Excelling at on-boarding at a new job is a skill as it’s common to change roles every 2-3 years. Here are four areas of risks when on-boarding.

1. Aligning your Strengths & Vulnerabilities to the New Role

While it’s typical to blame an on-boarding failure on the new person, failure is never all about mistakes they made. New hires who have been very successful in past roles, can still fail in a new role. A strength you had a previous role may become a weakness in a new role. Failures occur when:

  • a new person doesn’t understand or refuses to accept the true situation they find themselves in (reality may have been portrayed differently during the interviews)
  • the preexistence of time bombs
  • failure to adapt appropriately to the given situation

2. Failure to Build Sufficient Momentum to Establish your Credibility

Failing to build momentum could result in your credibility being eroded during each interaction or meeting. We either gain credibility or lose it.
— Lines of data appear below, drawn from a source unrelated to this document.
-- ===== src/Table/Growing.antt =====
-- The growth of the table as a whole, and the check for it at the end of `coucal_write_value`.
use coucal.Base.{
  ◌||◌, ◌/◌, Bool-cases, inr, ℕ, zero, suc, ◌+◌, ◌-◌, ◌*◌, ◌/◌, ◌≤◌, ◌<◌, ◌≡◌, refl, ap, subst, sym,
  ◌∙◌, inl, true, false, none, ◌++◌, length, replicate, ltb, leb, get_or-replicate,
  length-replicate, length-append, get_or-append_left, get_or-append_right, le→leb, lt→ltb, arith,
}
use coucal.Base.Words.{pow2, inc_size, size_mod}
use coucal.Pool.{request}
use coucal.Run.{ok, ◌>>=◌, Returns}
use coucal.State.{stash_size, Item, null_item, Coucal, Allocator}
use coucal.Table.Entries.{total, total-append, total-replicate}
use coucal.Table.Grow.{grow_if_full, is_acceptable_pow2, double_items, grow, sizeof_item}
use coucal.Table.Layout.{IsHome, Layout, weight}
use coucal.Table.Merging.{merge_stash-Shuffled}
use coucal.Table.Position.{pow2-le}
use coucal.Table.Relocating.{Relocating, Carried, relocate_from-Relocating}
use coucal.Table.{get_item}
use native.Mathlib.Nat.{pow-suc}

-- The table of `c` with its upper half cleared, before relocation.
abbrev doubled : Coucal → Coucal
doubled c = record c {
  items = c.items ++ replicate (pow2 c.lg_size) null_item;
  lg_size = suc c.lg_size;
  stats = record (c.stats) { rehash_count = inc_size c.stats.rehash_count };
  world = record (c.world) { allocations = c.world.allocations + 1 };
}

-- The number of bytes that the doubled table takes.
abbrev pub doubled_bytes : Coucal → ℕ
doubled_bytes c = pow2 c.lg_size * sizeof_item * 2

half_twice : (lg : ℕ) → 0 < lg → pow2 (lg - 1) * 2 ≡ pow2 lg
half_twice zero h = absurd (omega arith)
half_twice (suc k) h = ground (arith, pow-suc 2 k)

double_items-doubled :
    (alloc : Allocator) (c : Coucal)
    → 0 < c.lg_size
    → c.lg_size < 32
    → alloc.succeeds c.world.allocations (doubled_bytes c) ≡ true
    → double_items alloc c ≡ ok (doubled c)
unfolding double_items is_acceptable_pow2 request
double_items-doubled alloc c pos small given =
    let next : inc_size c.lg_size ≡ suc c.lg_size = omega arith in
    let low : leb (suc c.lg_size) 32 ≡ true = le→leb _ _ small in
    let wide : ltb (suc c.lg_size) 64 ≡ true = lt→ltb _ _ (omega arith) in
    let fits : ltb ((size_mod - 1) / (2 * sizeof_item)) (pow2 c.lg_size) ≡ false =
      ground (arith, pow2-le c.lg_size (omega arith)) in
    rw (half_twice c.lg_size pos, next, low, wide, fits, given)

doubled-Relocating : (c : Coucal) → Layout c → c.lg_size < 32 → Relocating c.lg_size (doubled c) 0
doubled-Relocating c l small = record {
  doubled = refl;
  bound = small;
  width =
      length-append c.items (replicate (pow2 c.lg_size) null_item)
      ∙ omega (arith, l.width, length-replicate (pow2 c.lg_size) null_item);
  done = λ j h. inl (upper j (omega arith));
  todo = λ j h lt.
      subst (IsHome c.lg_size j)
        (sym (get_or-append_left c.items _ j null_item (omega (arith, l.width)))) (l.home j);
  clear = λ j h. upper j (omega arith);
}
  where
    upper : (j : ℕ) → pow2 c.lg_size ≤ j → (get_item (doubled c) j).name ≡ none
    upper j h =
        ap (λ x. x.name)
          (get_or-append_right c.items _ j null_item (omega (arith, l.width))
            ∙ get_or-replicate (pow2 c.lg_size) (j - length c.items) null_item)

relocated-Layout :
    (c c' : Coucal)
    → Layout c
    → Relocating c.lg_size c' (pow2 c.lg_size)
    → Carried (doubled c) c'
    → Layout c'
relocated-Layout c c' l r k = record {
  lg_low = omega (arith, r.doubled, l.lg_low);
  lg_high = omega (arith, r.doubled, r.bound);
  width = rw r.doubled (omega (arith, r.width, pow-suc 2 c.lg_size));
  home = λ j. rw r.doubled (r.done j (omega arith));
  stash_width = rw k.stash l.stash_width;
  stash_extent = rw k.stash l.stash_extent;
  stash_live = rw k.stash l.stash_live;
  stash_clear = rw k.stash l.stash_clear;
}

-- What a growth promises: the table has twice the size and the same entries.
pub record Grown (c c' : Coucal) : Type 0 where
  pub layout : Layout c'
  pub doubled_lg : c'.lg_size ≡ suc c.lg_size
  pub used : c'.used ≡ c.used
  pub pool : c'.pool ≡ c.pool
  pub custom : c'.custom ≡ c.custom
  pub freed_values : c'.world.freed_values ≡ c.world.freed_values
  pub freed_keys : c'.world.freed_keys ≡ c.world.freed_keys
  pub stash_shrinks : c'.stash.size ≤ c.stash.size
  pub balance : (f : Item → ℕ) → weight f c' ≡ weight f c

-- On a table that keeps the layout and is below the greatest size, if the allocator grants the memory
-- of the doubled table, the growth fails no assertion: the exponent is one more, the layout is kept,
-- every weight of the entries (so every entry) too, the stash does not grow, and the count, the pool,
-- the settings and what was released are as before.
pub grow-Grown :
    (alloc : Allocator) (c : Coucal)
    → Layout c
    → c.lg_size < 32
    → alloc.succeeds c.world.allocations (doubled_bytes c) ≡ true
    → Returns (grow alloc c) (Grown c)
unfolding grow
grow-Grown alloc c l small given =
    let pos : 0 < c.lg_size = omega (arith, l.lg_low) in
    let (c1, run1, (r, k)) =
      relocate_from-Relocating (pow2 c.lg_size) c.lg_size (doubled c) 0
        (doubled-Relocating c l small) (omega arith) in
    let (c2, run2, m) = merge_stash-Shuffled c1 (relocated-Layout c c1 l r k) in
    (
      c2,
      rw (half_twice c.lg_size pos, double_items-doubled alloc c pos small given, ◌>>=◌, run1) run2,
      record {
        layout = m.layout;
        doubled_lg = m.rest.lg_size ∙ r.doubled;
        used = m.rest.used ∙ k.rest.used;
        pool = m.rest.pool ∙ k.rest.pool;
        custom = m.rest.custom ∙ k.rest.custom;
        freed_values = ap (λ w. w.freed_values) (m.rest.world ∙ k.rest.world);
        freed_keys = ap (λ w. w.freed_keys) (m.rest.world ∙ k.rest.world);
        stash_shrinks = omega (arith, m.stash_shrinks, ap (λ s. s.size) k.stash);
        balance = λ f. omega (
          arith,
          m.balance f,
          k.balance f,
          ap (λ s. total f s.items) k.stash,
          total-append f c.items (replicate (pow2 c.lg_size) null_item),
          total-replicate f (pow2 c.lg_size),
        );
      },
    )

-- What a growth or its omission leaves as it was.
pub record Kept (c c' : Coucal) : Type 0 where
  pub layout : Layout c'
  pub taller : c'.lg_size ≤ suc c.lg_size
  pub used : c'.used ≡ c.used
  pub pool : c'.pool ≡ c.pool
  pub custom : c'.custom ≡ c.custom
  pub freed_values : c'.world.freed_values ≡ c.world.freed_values
  pub freed_keys : c'.world.freed_keys ≡ c.world.freed_keys
  pub balance : (f : Item → ℕ) → weight f c' ≡ weight f c

pub grow_if_full-Kept :
    (alloc : Allocator) (c : Coucal)
    → Layout c
    → c.lg_size < 32
    → alloc.succeeds c.world.allocations (doubled_bytes c) ≡ true
    → Returns (grow_if_full alloc c) (Kept c)
unfolding grow_if_full
grow_if_full-Kept alloc c l small given =
    elim (Bool-cases (leb (pow2 (c.lg_size - 1)) c.used || leb (stash_size / 2) c.stash.size)) [
      | inl full ↦
          let (c', run, g) = grow-Grown alloc c l small given in
          (
            c',
            rw full run,
            record {
              layout = g.layout;
              taller = omega (arith, g.doubled_lg);
              used = g.used;
              pool = g.pool;
              custom = g.custom;
              freed_values = g.freed_values;
              freed_keys = g.freed_keys;
              balance = g.balance;
            },
          )
      | inr sparse ↦ (
        c,
        rw sparse,
        record {
          layout = l;
          taller = omega arith;
          used = refl;
          pool = refl;
          custom = refl;
          freed_values = refl;
          freed_keys = refl;
          balance = λ f. refl;
        },
      )
    ]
As the human body treats a virus, so can an organization treat a new hire. The organization’s immune system instinctively could whip into action to isolate then destroy the potentially killer infection (i.e. You).

3. Not using a Systematic Method in your On-boarding

While every on-boarding is unique, there is a high degree of similarities between them. Make on-boarding a repeatable successful process by creating a framework. Each time you switch jobs, your plan will get stronger.

4. Not Aligning your On-boarding to the Current Phase of the Business

The book The 1st 90-Days introduces the STARS model. Companies, departments, products and/or processes exist in one of four phases of existence:

  1. Startup mode
  2. Turnaround mode
  3. Accelerated Growth mode
  4. Realignment mode
  5. Sustaining success mode

STARS model allows you to identify and differentiate between the business cycles you’re in, and its related unique characteristics and challenges. The key is to match your on-boarding strategy to the STARS phase of your company.

Assuming a transition takes between 3 – 6 months, over the course of your career you’ll be immersed in on-boarding for 3 – 8 years. A good practice to get good at it.